4

She Needs to Flop Like a Freshly Caught Fish

“Something girls have better than guys is that they don’t have any pressure of performance. Yes, in the bedroom. They just have to show up, and act…into it. They can’t be a dead fish…they need to flop. Like a fish you just caught and it’s going crazy. She can’t lay there like a fish that’s been out of water too long. You know, not like a dead fish.”

-Kyle Trouble

(…oh wait, that’s me)

Apparently that’s the genius that kicks in after a few drinks.

The audience?

My pal (hey man!), his girl (a feminist, ruh-roh, she might read this too), and my girl (definitely not a feminist, but even she might shake her head a bit at what I’m about to write).

The question:

“Are there any reasons you’d want to be a girl?”

Well, other than my dead fish theory, I have a few. So big on your big-boy panties (especially if you’re a feminist), and buckle in for the ride.

  • I’d like to be a girl so that I could act like I wanted equality, but when it comes time to pick up a check I never actually have to do so.
  • I’d like to be a girl so that my biggest concern in life is my hair and makeup. I often hear girls argue about how much time it takes for these things, but what would they do otherwise? Watch extra TV?
  • I’d like to be a girl so I could live in the moment with no logical capacity for reasoning
  • I’d like to be a girl so that if if I simply manage to not be fat, be attractive (minimum a 7), and was willing to marry young, I could literally just be a lazy bum for the rest of my life while the man works— except for having to pop a few kids out.
  • I’d like to be a girl so that I could be devoid of any decision making, provided I found a man with the balls to make them all for us in our relationship.
  • And finally, I’d like to be a girl so I could wake up and play with my bewbs every morning. Apparently though, girls don’t actually do this, and it bewb-fuddles me why.

That’d be the life.

Hair, makeup, bewbs, and livin’ YOLO.

But, in the interest of equality and male feminism, I’ve decided to make counter-arguments.

Now, men, listen up, this is important.

It’s easy to get caught up in these, and the burden of performance as has been dubbed many times over. It’s easy to get sucked into it and rue the fact that the “good ol days” are gone. That men have all the burden of performing (providing, deciding, etc.), and that women don’t really have to do much.

Unfortunately, for better or worse that is simply how it is.

But, let’s look on the bright side…

Shall we?

  • I’m glad I’m not a girl so that I can recognize that men and women have their unique skills they bring to the table, and that we don’t need to be able to swap each other in interchangeably
  • I’m glad I’m not a girl because then I’d have to actually worry about my hair and makeup
  • I’m glad I’m not a girl so I can make logical choices without emotional torment
  • I’m glad I’m not a girl so I can actually be more valuable as I age, like a fine wine instead of moldy cheese
  • I’m glad I’m not a girl so I can make the strong, right decision
  • I’m glad I’m not a girl because then I wouldn’t get to play with my bewbs every morning…actually, I don’t have an argument for this one.

Because bewbs are great.

I guess my male feminist argument is moot and done. I hereby turn in my MF badge and renounce my male privilege.

My final point:

I’m glad I’m not a girl because then I probably wouldn’t have created DatingAbroad.net, a place where men can find girls that don’t believe in any of the nonsense I posted above.

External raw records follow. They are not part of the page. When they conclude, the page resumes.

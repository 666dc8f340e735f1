-- ===== src/ClientHelper/Observing.antt =====
-- The list of the variables that a client observes: RegisterNewObservation and UnregisterObservation.
use variables_and_streams_se.Base.{
  ℕ, List, [], ◌∷◌, ◌++◌, false, ◌≡◌, refl, arith, ◌≤◌, ◌<◌, length, ap, some, none, Option,
  append_assoc, sym,
}
use variables_and_streams_se.Base.Text.{Text, codes, same}
use variables_and_streams_se.Base.Decimal.{ℤ, pos, itoa_nat, max_int}
use variables_and_streams_se.Storage.Path.{is_prefix, is_prefix-append}
use variables_and_streams_se.Storage.Interface.{IStorage}
use variables_and_streams_se.ClientHelper.{
  update_live_time, get_observing_vars_count, register_new_observation, unregister_observation,
  find_var_index_on_observing_vars, forget_at,
}
use variables_and_streams_se.ClientHelper.Keys.{
  observing_key, observing_count_key, last_live_time_key,
}
use variables_and_streams_se.ClientHelper.Listed.{
  Listed, append_item, append-Listed, close_gap-Listed, set-Listed, find_from-Reads, index_of,
  remove_first, index_of_find, remove_first-none,
}
use variables_and_streams_se.ClientHelper.Paths.{
  client_path, observing_base, observing_key_path, observing_count_path, live_time_path,
}

abbrev pub var_of : Text → Text
var_of var_name = codes "vars." ++ var_name

-- A node of the client beside "observing" is not below it.
pub beside_observing :
    (client s word : Text)
    → same (codes "observing") word ≡ false
    → is_prefix (observing_base client ++ s ∷ []) (client_path client ++ word ∷ []) ≡ false
beside_observing client s word h =
    rw (append_assoc (client_path client) (codes "observing" ∷ []) (s ∷ []), is_prefix-append)
      (unfold is_prefix in rw h refl)

module _ (st : IStorage) (client : Text) where
  open st use {Db, set, get}

  -- The database holds this list of the variables that the client observes.
  abbrev pub Observing : List Text → Db → Type 0
  Observing = Listed st (observing_key client) (observing_count_key client)

  pub live_time-Observing :
      (now : ℕ) (xs : List Text) (db : Db)
      → Observing xs db
      → Observing xs (update_live_time st client now db)
  unfolding update_live_time
  live_time-Observing now xs db r =
      set-Listed st (observing_key client) (observing_count_key client) (observing_base client)
        (observing_key_path client) (observing_count_path client) (last_live_time_key client)
        (itoa_nat now) xs db
        (λ s.
          rw live_time_path
            (beside_observing client s (codes "lastLiveTime") (unfold same in refl)))
        r

  registered :
      (var_name : Text) (now n : ℕ) (db : Db)
      → get_observing_vars_count st client (update_live_time st client now db) ≡ pos n
      → register_new_observation st client var_name now db
        ≡ append_item st
            (observing_key client)
            (observing_count_key client)
            (var_of var_name)
            (pos n)
            (update_live_time st client now db)
  unfolding register_new_observation append_item
  registered var_name now n db e =
      ap
        (λ (m : ℤ).
          append_item st (observing_key client) (observing_count_key client) (var_of var_name) m
            (update_live_time st client now db))
        e

  -- RegisterNewObservation appends the variable.
  pub register-Observing :
      (var_name : Text) (now : ℕ) (xs : List Text) (db : Db)
      → length xs < max_int
      → Observing xs db
      → Observing (xs ++ var_of var_name ∷ []) (register_new_observation st client var_name now db)
  unfolding get_observing_vars_count
  register-Observing var_name now xs db lt r =
      let alive = live_time-Observing now xs db r in
      rw (registered var_name now (length xs) db alive.counted) (
        append-Listed st (observing_key client) (observing_count_key client) (observing_base client)
          (observing_key_path client) (observing_count_path client) (var_of var_name) xs _ lt alive)

  found :
      (x : Text) (xs : List Text) (db : Db)
      → Observing xs db
      → find_var_index_on_observing_vars st client x db ≡ index_of 0 x xs
  unfolding find_var_index_on_observing_vars get_observing_vars_count
  found x xs db r =
      rw r.counted
        (find_from-Reads st (observing_key client) (observing_count_key client) xs 0 x db r.reads)

  forget_at-Observing :
      (x : Text) (i : Option ℕ) (xs : List Text) (db : Db)
      → index_of 0 x xs ≡ i
      → length xs ≤ max_int
      → Observing xs db
      → Observing (remove_first x xs) (forget_at st client i db)
  unfolding get_observing_vars_count forget_at
  forget_at-Observing x none xs db e le r = rw (remove_first-none x xs 0 e) r
  forget_at-Observing x (some i) xs db e le r =
      let (k, at, lt, less) = index_of_find x xs 0 i e in
      let here : i ≡ k = omega arith in
      rw (r.counted, here, sym less)
        (close_gap-Listed st (observing_key client) (observing_count_key client)
          (observing_base client) (observing_key_path client) (observing_count_path client) k xs db
          le lt r)

  -- UnregisterObservation removes the first that is the variable.
  pub unregister-Observing :
      (var_name : Text) (now : ℕ) (xs : List Text) (db : Db)
      → length xs ≤ max_int
      → Observing xs db
      → Observing
          (remove_first (var_of var_name) xs)
          (unregister_observation st client var_name now db)
  unfolding unregister_observation
  unregister-Observing var_name now xs db le r =
      let alive = live_time-Observing now xs db r in
      rw (found (var_of var_name) xs _ alive)
        (forget_at-Observing (var_of var_name) _ xs _ refl le alive)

In fact, if you imply some of the strategies I teach inside, you might just find her getting a bit turned on by your charm.

And trust me when I say that a male feminist has never had that reaction.

Join up here:

https://DatingAbroad.net/join

  • . says:

    Were you drunk when you wrote this crap? It’s about the only excuse I can come up with frankly.

    • Kyle Trouble says:

      Drunk when I made the first quote.

      Sober when I wrote it.

      Don’t like it, don’t read it.

      • . says:

        I apologise for that comment bro, I was angry and disappointed when I wrote it, and didn’t think hard enough and take the time to express myself properly.

        I get what you’re trying to do with this blog and this particular post, and I want you to succeed. My concern was that the writing was just so poor compared with your other stuff that it seemed to me that the post would do more harm than good.

        An old copywriter once said that using humour or profanity in a sales letter is a very bad idea irrespective of the target demographic. Prospects earnt their dollars the hard way and parting with those dollars for your product is a serious business for them.

        Again, I apologise for the tone of my comment, I was wrong.

      • Kyle Trouble says:

        You sound ridiculous.

        Why are you getting “angry and disappointed” over a blog post?

        “An old copywriter once said that using humour or profanity in a sales letter is a very bad idea irrespective of the target demographic. Prospects earnt their dollars the hard way and parting with those dollars for your product is a serious business for them.”

        Sounds as if you DON’T speak from experience.

        I appreciate the apology, but man, don’t get all riled up over nothing. You have no idea how my business looks and does, or how my audience reacts.